On Quantile Regression Forests for Modelling Mixed-Frequency and Longitudinal Data
Mila Andreani
TL;DR
The paper tackles modeling the entire conditional distribution in datasets with mixed-frequency and longitudinal structure by introducing two novel quantum regression frameworks: MIDAS-QRF and FM-QRF. MIDAS-QRF embeds the MIDAS approach into Quantile Regression Forests to incorporate low-frequency predictors non-parametrically, while Dynamic MIDAS-QRF adds autoregressive quantile dynamics to better capture time-varying tails. FM-QRF extends QR Forests to longitudinal data by using a finite-mixture random-effects structure estimated via an EM algorithm with nonparametric maximum likelihood, enabling flexible, non-linear quantile estimation without strict distributional assumptions. Empirical applications demonstrate competitive tail-risk forecasting in finance (VaR for energy commodities), climate-economics (GDP growth-at-risk across countries), and public health (UK children's SDQ scores), with both methods revealing substantial tail-heterogeneity and the value of non-parametric approaches over traditional linear QR models. The methodological contributions thus provide robust, interpretable tools for tail-risk assessment across diverse complex data settings, with practical implications for risk management and policy analysis.
Abstract
The aim of this thesis is to extend the applications of the Quantile Regression Forest (QRF) algorithm to handle mixed-frequency and longitudinal data.

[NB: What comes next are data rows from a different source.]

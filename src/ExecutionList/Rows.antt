-- ===== src/ExecutionList/Rows.antt =====
-- What the rows of view/flow-execution-list.js say after an update of a flow without embedded flows.
use azkaban_private.Prelude.{
  ℕ, suc, ◌==◌, ==_iff, ◌≡◌, ◌↔◌, refl, sym, ap, ◌∙◌, if◌then◌else◌, Bool-cases, true, false,
  Option, Option-cases, none, some, ◌⊎◌, inl, inr, List, [], ◌∷◌, Memᴰ, Memᴰ-cons, arith, subst,
  All,
}
use azkaban_private.Durations.{get_duration}
use azkaban_private.Flow.{Ref, Heap, Node, at_ms}
use azkaban_private.Status.{Status, is}
use azkaban_private.StatusClasses.{Classes, change_status, show_status}
use azkaban_private.ExecutionList.{
  JobRow, Page, is_unset, target, new_row, add_node_row, write_row, write_rows, update_node,
  each_node, update_job_row,
}

-- The class of the status, if there is one.
abbrev pub HasStatus : Option Status → Classes → Type 0
HasStatus none bar = Unit
HasStatus (some s) bar = bar s ≡ true

-- The row says what the node does: its status, as text and as the class of the bar, when it started
-- and ended, and how long it took or has run.
pub record Says (now : ℕ) (node : Node) (row : JobRow) : Type 0 where
  pub status : row.status ≡ node.status
  pub start_time : row.start_time ≡ node.start_time
  pub end_time : row.end_time ≡ node.end_time
  pub elapsed :
      row.elapsed
      ≡ get_duration node.start_time (if is_unset node.end_time then at_ms now else node.end_time)
  pub bar : HasStatus node.status row.bar

change_status-HasStatus :
    (status : Option Status) (bar : Classes) → HasStatus status (change_status status bar)
unfolding change_status show_status
change_status-HasStatus none bar = tt
change_status-HasStatus (some s) bar = elim (Bool-cases (bar s)) [
  | inl has ↦ rw has has
  | inr without ↦ rw without (let z : is s s ≡ true = ground arith in rw z refl)
]

write_row-Says : (now : ℕ) (node : Node) (row : JobRow) → Says now node (write_row now node row)
write_row-Says now node row = record {
  status = refl;
  start_time = refl;
  end_time = refl;
  elapsed = refl;
  bar = change_status-HasStatus node.status row.bar;
}

-- Its row says what it does.
abbrev pub IsShown : ℕ → Heap → Ref → Page → Type 0
IsShown now h r page = (row : JobRow) × (page.rows r ≡ some row) × Says now (h r) row

module _ (now : ℕ) (h : Heap) (body : Ref) where
  add_node_row-has :
      (r : Ref) (page : Page) → (row : JobRow) × ((add_node_row h body r page).rows r ≡ some row)
  unfolding add_node_row
  add_node_row-has r page = elim (Option-cases (page.rows r)) [
    | inr (row, e) ↦ (row, rw (add_node_row, e) e)
    | inl e ↦
        let z : (r == r) ≡ true = ground arith in (new_row body (h r), rw (add_node_row, e, z) refl)
  ]

  add_node_row-other :
      (r x : Ref) (page : Page)
      → (r == x) ≡ false
      → (add_node_row h body r page).rows x ≡ page.rows x
  unfolding add_node_row
  add_node_row-other r x page other = elim (Option-cases (page.rows r)) [
    | inr (row, e) ↦ rw (add_node_row, e) refl
    | inl e ↦ rw (add_node_row, e, other) refl
  ]

  written : Ref → Page → Page
  written r page = write_rows now h r (add_node_row h body r page)

  written-IsShown : (r : Ref) (page : Page) → IsShown now h r (written r page)
  unfolding written
  written-IsShown r page =
      let (row, e) = add_node_row-has r page in
      let z : (r == r) ≡ true = ground arith in
      (write_row now (h r) row, rw (z, e) refl, write_row-Says now (h r) row)

  written-other :
      (r x : Ref) (page : Page) → (r == x) ≡ false → (written r page).rows x ≡ page.rows x
  unfolding written
  written-other r x page other = rw other (add_node_row-other r x page other)

  written-keeps :
      (r x : Ref) (page : Page) → IsShown now h x page → IsShown now h x (written r page)
  written-keeps r x page (row, e, says) = elim (Bool-cases (r == x)) [
    | inl same ↦
        subst (λ (y : Ref). IsShown now h y (written r page)) ((==_iff r x).0 same)
          (written-IsShown r page)
    | inr other ↦ (row, written-other r x page other ∙ e, says)
  ]

  -- It embeds no flow.
  abbrev IsFlat : Ref → Type 0
  IsFlat r = (h (target h r)).nodes ≡ []

  -- What a list of nodes does to the page.
  pub record Updates (nodes : List Ref) (page page' : Page) : Type 0 where
    pub shown :
        (r : Ref)
        → Memᴰ r nodes
        → is_unset (h (target h r)).start_time ≡ false
        → IsShown now h (target h r) page'
    pub kept : (x : Ref) → IsShown now h x page → IsShown now h x page'
    pub others :
        (x : Ref)
        → ((r : Ref)
            → Memᴰ r nodes
            → is_unset (h (target h r)).start_time ≡ false
            → (target h r == x) ≡ false)
        → page'.rows x ≡ page.rows x

  module _ (update : Ref → List Ref → Page → Option Page) where
    abbrev step : Ref → Page → Option Page
    step r = update_node now h update body (target h r)

    step_cases :
        (r : Ref) (page : Page)
        → IsFlat r
        → ((is_unset (h (target h r)).start_time ≡ true) × (step r page ≡ some page))
          ⊎ ((is_unset (h (target h r)).start_time ≡ false)
              × (step r page ≡ some (written (target h r) page)))
    unfolding update_node written
    step_cases r page flat = elim (Bool-cases (is_unset (h (target h r)).start_time)) [
      | inl waits ↦ inl (waits, rw (update_node, waits) refl)
      | inr known ↦ inr (known, rw (update_node, known, flat) refl)
    ]

    each_node_lem :
        (nodes : List Ref) (page : Page)
        → All IsFlat nodes
        → (page' : Page) × (each_node step nodes page ≡ some page') × Updates nodes page page'
    unfolding each_node
    each_node_lem [] page flat = (
      page,
      refl,
      record { shown = λ r m. elim m [ ]; kept = λ x shown. shown; others = λ x apart. refl },
    )
    each_node_lem (r ∷ nodes) page (first, flat) = elim (step_cases r page first) [
      | inl (waits, e) ↦
          let (page', run, updates) = each_node_lem nodes page flat in
          (
            page',
            rw e run,
            record {
              shown = λ x m known. elim ((Memᴰ-cons x r nodes).0 m) [
                | inl same ↦ cc (ap (λ (y : Ref). is_unset (h (target h y)).start_time) same)
                | inr later ↦ updates.shown x later known
              ];
              kept = updates.kept;
              others = λ x apart.
                  updates.others x (λ y m known. apart y ((Memᴰ-cons y r nodes).1 (inr m)) known);
            },
          )
      | inr (known, e) ↦
          let t = target h r in
          let (page', run, updates) = each_node_lem nodes (written t page) flat in
          (
            page',
            rw e run,
            record {
              shown = λ x m known'. elim ((Memᴰ-cons x r nodes).0 m) [
                | inl same ↦
                    subst (λ (y : Ref). IsShown now h (target h y) page') (sym same)
                      (updates.kept t (written-IsShown t page))
                | inr later ↦ updates.shown x later known'
              ];
              kept = λ x shown. updates.kept x (written-keeps t x page shown);
              others = λ x apart.
                  updates.others x (λ y m known'. apart y ((Memᴰ-cons y r nodes).1 (inr m)) known')
                  ∙ written-other t x page (apart r ((Memᴰ-cons r r nodes).1 (inl refl)) known);
            },
          )
    ]

-- The engine's sorting gives the same nodes in some order.
abbrev pub KeepsMembers : (Heap → List Ref → List Ref) → Type 0
KeepsMembers sort = (h : Heap) (nodes : List Ref) (r : Ref) → Memᴰ r (sort h nodes) ↔ Memᴰ r nodes

All-of : {P : Ref → Type 0} → (refs : List Ref) → ((r : Ref) → Memᴰ r refs → P r) → All P refs
All-of [] each = tt
All-of (r ∷ refs) each = (
  each r ((Memᴰ-cons r r refs).1 (inl refl)),
  All-of refs (λ x m. each x ((Memᴰ-cons x r refs).1 (inr m))),
)

-- When the engine's sorting keeps the nodes, updateJobRow returns for nodes that embed no flow, and
-- the page from which it starts may be any. The row of the node, or of the one that it changes, then
-- says for each listed node that has started what this does; the rows of all others, those of listed
-- nodes that have not started among them, are as they were.
pub update_job_row_lem :
    (sort : Heap → List Ref → List Ref) (now fuel : ℕ) (h : Heap) (body : Ref) (nodes : List Ref)
    (page : Page)
    → KeepsMembers sort
    → ((r : Ref) → Memᴰ r nodes → (h (target h r)).nodes ≡ [])
    → (page' : Page) × (update_job_row sort now h (suc fuel) body nodes page ≡ some page')
      × Updates now h body nodes page page'
unfolding update_job_row
update_job_row_lem sort now fuel h body nodes page keeps flat =
    let (page', run, updates) =
      each_node_lem now h body (update_job_row sort now h fuel) (sort h nodes) page
        (All-of (sort h nodes) (λ r m. flat r ((keeps h nodes r).0 m))) in
    (
      page',
      run,
      record {
        shown = λ r m. updates.shown r ((keeps h nodes r).1 m);
        kept = updates.kept;
        others = λ x apart. updates.others x (λ r m known. apart r ((keeps h nodes r).0 m) known);
      },
    )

To this end, standard statistical approaches have been exploited to build two novel algorithms: the Mixed- Frequency Quantile Regression Forest (MIDAS-QRF) and the Finite Mixture Quantile Regression Forest (FM-QRF). The MIDAS-QRF combines the flexibility of QRF with the Mixed Data Sampling (MIDAS) approach, enabling non-parametric quantile estimation with variables observed at different frequencies. FM-QRF, on the other hand, extends random effects machine learning algorithms to a QR framework, allowing for conditional quantile estimation in a longitudinal data setting. The contributions of this dissertation lie both methodologically and empirically. Methodologically, the MIDAS-QRF and the FM-QRF represent two novel approaches for handling mixed-frequency and longitudinal data in QR machine learning framework. Empirically, the application of the proposed models in financial risk management and climate-change impact evaluation demonstrates their validity as accurate and flexible models to be applied in complex empirical settings.